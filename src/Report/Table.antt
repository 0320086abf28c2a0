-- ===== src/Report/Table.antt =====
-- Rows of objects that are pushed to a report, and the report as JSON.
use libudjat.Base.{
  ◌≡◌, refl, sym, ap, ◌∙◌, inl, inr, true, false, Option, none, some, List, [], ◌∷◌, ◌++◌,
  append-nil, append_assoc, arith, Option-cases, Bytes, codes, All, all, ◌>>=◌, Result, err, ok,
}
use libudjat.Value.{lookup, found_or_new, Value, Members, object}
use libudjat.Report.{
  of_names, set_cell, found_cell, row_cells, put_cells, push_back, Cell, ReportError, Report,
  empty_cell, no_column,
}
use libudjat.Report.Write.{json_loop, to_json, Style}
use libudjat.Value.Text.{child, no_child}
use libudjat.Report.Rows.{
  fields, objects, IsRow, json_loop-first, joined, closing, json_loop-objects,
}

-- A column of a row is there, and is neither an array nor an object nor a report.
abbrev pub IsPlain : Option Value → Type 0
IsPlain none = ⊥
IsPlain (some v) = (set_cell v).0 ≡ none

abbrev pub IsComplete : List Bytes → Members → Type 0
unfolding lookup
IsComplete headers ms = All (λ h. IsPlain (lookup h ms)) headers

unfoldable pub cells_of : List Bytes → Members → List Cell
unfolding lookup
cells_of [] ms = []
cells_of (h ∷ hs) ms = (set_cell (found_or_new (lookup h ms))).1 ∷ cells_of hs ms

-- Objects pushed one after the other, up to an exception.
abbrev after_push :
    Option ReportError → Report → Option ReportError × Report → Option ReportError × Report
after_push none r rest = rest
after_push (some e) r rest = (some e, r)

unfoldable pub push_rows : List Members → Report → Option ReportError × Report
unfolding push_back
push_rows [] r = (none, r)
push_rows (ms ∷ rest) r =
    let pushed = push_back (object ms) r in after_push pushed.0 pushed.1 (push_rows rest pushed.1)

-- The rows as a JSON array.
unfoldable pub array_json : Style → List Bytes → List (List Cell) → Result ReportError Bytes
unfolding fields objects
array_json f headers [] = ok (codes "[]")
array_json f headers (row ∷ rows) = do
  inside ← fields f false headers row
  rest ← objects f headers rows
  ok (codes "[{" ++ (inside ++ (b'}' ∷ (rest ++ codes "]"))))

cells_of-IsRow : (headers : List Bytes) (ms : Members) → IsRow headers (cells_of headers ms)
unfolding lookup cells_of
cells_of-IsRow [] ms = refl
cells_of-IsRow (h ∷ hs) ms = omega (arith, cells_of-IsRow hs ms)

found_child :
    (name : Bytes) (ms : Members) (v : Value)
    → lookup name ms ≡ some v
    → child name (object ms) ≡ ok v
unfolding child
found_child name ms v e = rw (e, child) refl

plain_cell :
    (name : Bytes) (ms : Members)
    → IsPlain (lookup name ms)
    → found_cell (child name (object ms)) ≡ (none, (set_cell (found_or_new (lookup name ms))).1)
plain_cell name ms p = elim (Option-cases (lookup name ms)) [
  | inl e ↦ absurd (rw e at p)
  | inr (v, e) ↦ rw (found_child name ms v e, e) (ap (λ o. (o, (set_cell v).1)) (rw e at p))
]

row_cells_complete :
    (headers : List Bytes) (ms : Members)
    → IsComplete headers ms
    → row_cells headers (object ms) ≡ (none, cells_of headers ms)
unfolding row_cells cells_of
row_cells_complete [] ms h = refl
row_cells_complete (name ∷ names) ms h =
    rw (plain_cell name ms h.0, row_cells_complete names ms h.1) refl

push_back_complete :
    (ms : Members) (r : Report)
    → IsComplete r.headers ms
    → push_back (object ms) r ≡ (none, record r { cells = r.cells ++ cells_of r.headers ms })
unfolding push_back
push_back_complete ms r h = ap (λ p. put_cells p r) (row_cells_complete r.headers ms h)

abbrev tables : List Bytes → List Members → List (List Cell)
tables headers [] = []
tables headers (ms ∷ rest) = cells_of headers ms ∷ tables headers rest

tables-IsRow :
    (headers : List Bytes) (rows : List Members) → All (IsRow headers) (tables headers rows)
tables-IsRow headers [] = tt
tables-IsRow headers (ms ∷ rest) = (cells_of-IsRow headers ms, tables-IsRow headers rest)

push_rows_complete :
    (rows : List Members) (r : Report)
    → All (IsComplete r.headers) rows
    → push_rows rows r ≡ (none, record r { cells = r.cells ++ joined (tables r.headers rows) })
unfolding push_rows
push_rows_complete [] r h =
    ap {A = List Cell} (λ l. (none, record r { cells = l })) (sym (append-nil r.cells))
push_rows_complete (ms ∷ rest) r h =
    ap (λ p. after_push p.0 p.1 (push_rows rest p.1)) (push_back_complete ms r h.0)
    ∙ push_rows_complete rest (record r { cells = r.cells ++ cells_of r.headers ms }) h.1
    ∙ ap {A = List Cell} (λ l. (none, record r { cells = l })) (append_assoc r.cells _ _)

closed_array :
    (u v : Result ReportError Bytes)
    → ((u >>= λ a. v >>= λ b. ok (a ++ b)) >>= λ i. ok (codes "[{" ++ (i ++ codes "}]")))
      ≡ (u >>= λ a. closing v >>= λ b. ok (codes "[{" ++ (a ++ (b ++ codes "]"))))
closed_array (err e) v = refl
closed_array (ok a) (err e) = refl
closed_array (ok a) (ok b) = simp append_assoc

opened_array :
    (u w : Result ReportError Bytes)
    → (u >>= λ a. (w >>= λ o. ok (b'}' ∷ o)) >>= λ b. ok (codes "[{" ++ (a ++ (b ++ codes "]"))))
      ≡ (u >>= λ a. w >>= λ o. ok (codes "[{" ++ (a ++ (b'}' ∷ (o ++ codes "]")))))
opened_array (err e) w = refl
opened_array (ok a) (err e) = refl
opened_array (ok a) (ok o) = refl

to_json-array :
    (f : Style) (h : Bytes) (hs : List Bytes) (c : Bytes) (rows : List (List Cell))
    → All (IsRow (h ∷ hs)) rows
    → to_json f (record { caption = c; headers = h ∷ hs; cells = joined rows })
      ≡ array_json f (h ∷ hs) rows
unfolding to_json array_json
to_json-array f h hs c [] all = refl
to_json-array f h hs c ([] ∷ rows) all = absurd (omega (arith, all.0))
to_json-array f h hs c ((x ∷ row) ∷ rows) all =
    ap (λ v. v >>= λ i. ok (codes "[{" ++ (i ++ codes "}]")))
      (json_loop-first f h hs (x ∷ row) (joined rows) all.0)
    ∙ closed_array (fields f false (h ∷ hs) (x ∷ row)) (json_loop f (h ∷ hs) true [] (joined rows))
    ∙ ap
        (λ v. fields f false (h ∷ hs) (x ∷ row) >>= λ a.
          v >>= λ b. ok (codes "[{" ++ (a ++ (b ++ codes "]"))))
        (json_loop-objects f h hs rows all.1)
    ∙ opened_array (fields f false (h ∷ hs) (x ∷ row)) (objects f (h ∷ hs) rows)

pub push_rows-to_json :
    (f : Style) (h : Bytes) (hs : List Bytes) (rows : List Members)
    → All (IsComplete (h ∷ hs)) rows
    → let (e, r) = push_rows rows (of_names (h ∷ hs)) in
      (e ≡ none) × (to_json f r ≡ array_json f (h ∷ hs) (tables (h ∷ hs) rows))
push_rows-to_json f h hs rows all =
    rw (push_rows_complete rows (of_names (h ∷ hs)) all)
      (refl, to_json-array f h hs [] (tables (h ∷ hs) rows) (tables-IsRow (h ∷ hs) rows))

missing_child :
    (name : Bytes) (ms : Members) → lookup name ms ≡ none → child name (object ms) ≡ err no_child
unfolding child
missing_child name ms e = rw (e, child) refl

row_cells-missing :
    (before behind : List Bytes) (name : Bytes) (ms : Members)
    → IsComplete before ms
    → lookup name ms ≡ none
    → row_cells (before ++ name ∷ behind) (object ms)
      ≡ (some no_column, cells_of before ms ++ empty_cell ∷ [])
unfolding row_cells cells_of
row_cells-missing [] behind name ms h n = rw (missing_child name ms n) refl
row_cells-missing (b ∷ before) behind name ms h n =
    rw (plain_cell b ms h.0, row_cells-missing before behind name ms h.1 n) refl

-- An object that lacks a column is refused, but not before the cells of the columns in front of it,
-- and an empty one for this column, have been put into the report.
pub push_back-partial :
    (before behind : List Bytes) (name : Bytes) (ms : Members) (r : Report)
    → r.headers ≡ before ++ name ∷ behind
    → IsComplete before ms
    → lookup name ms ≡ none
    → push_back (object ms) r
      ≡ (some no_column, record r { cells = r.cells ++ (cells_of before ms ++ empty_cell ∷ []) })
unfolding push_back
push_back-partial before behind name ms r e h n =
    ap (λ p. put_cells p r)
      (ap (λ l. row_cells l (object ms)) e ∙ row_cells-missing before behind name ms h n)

* [Exercise goal]:
The lines to return are those in the material above that hold "some".

* [Expected answer]:
  ◌≡◌, refl, sym, ap, ◌∙◌, inl, inr, true, false, Option, none, some, List, [], ◌∷◌, ◌++◌,
IsPlain (some v) = (set_cell v).0 ≡ none
after_push (some e) r rest = (some e, r)
    → lookup name ms ≡ some v
      ≡ (some no_column, cells_of before ms ++ empty_cell ∷ [])
      ≡ (some no_column, record r { cells = r.cells ++ (cells_of before ms ++ empty_cell ∷ []) })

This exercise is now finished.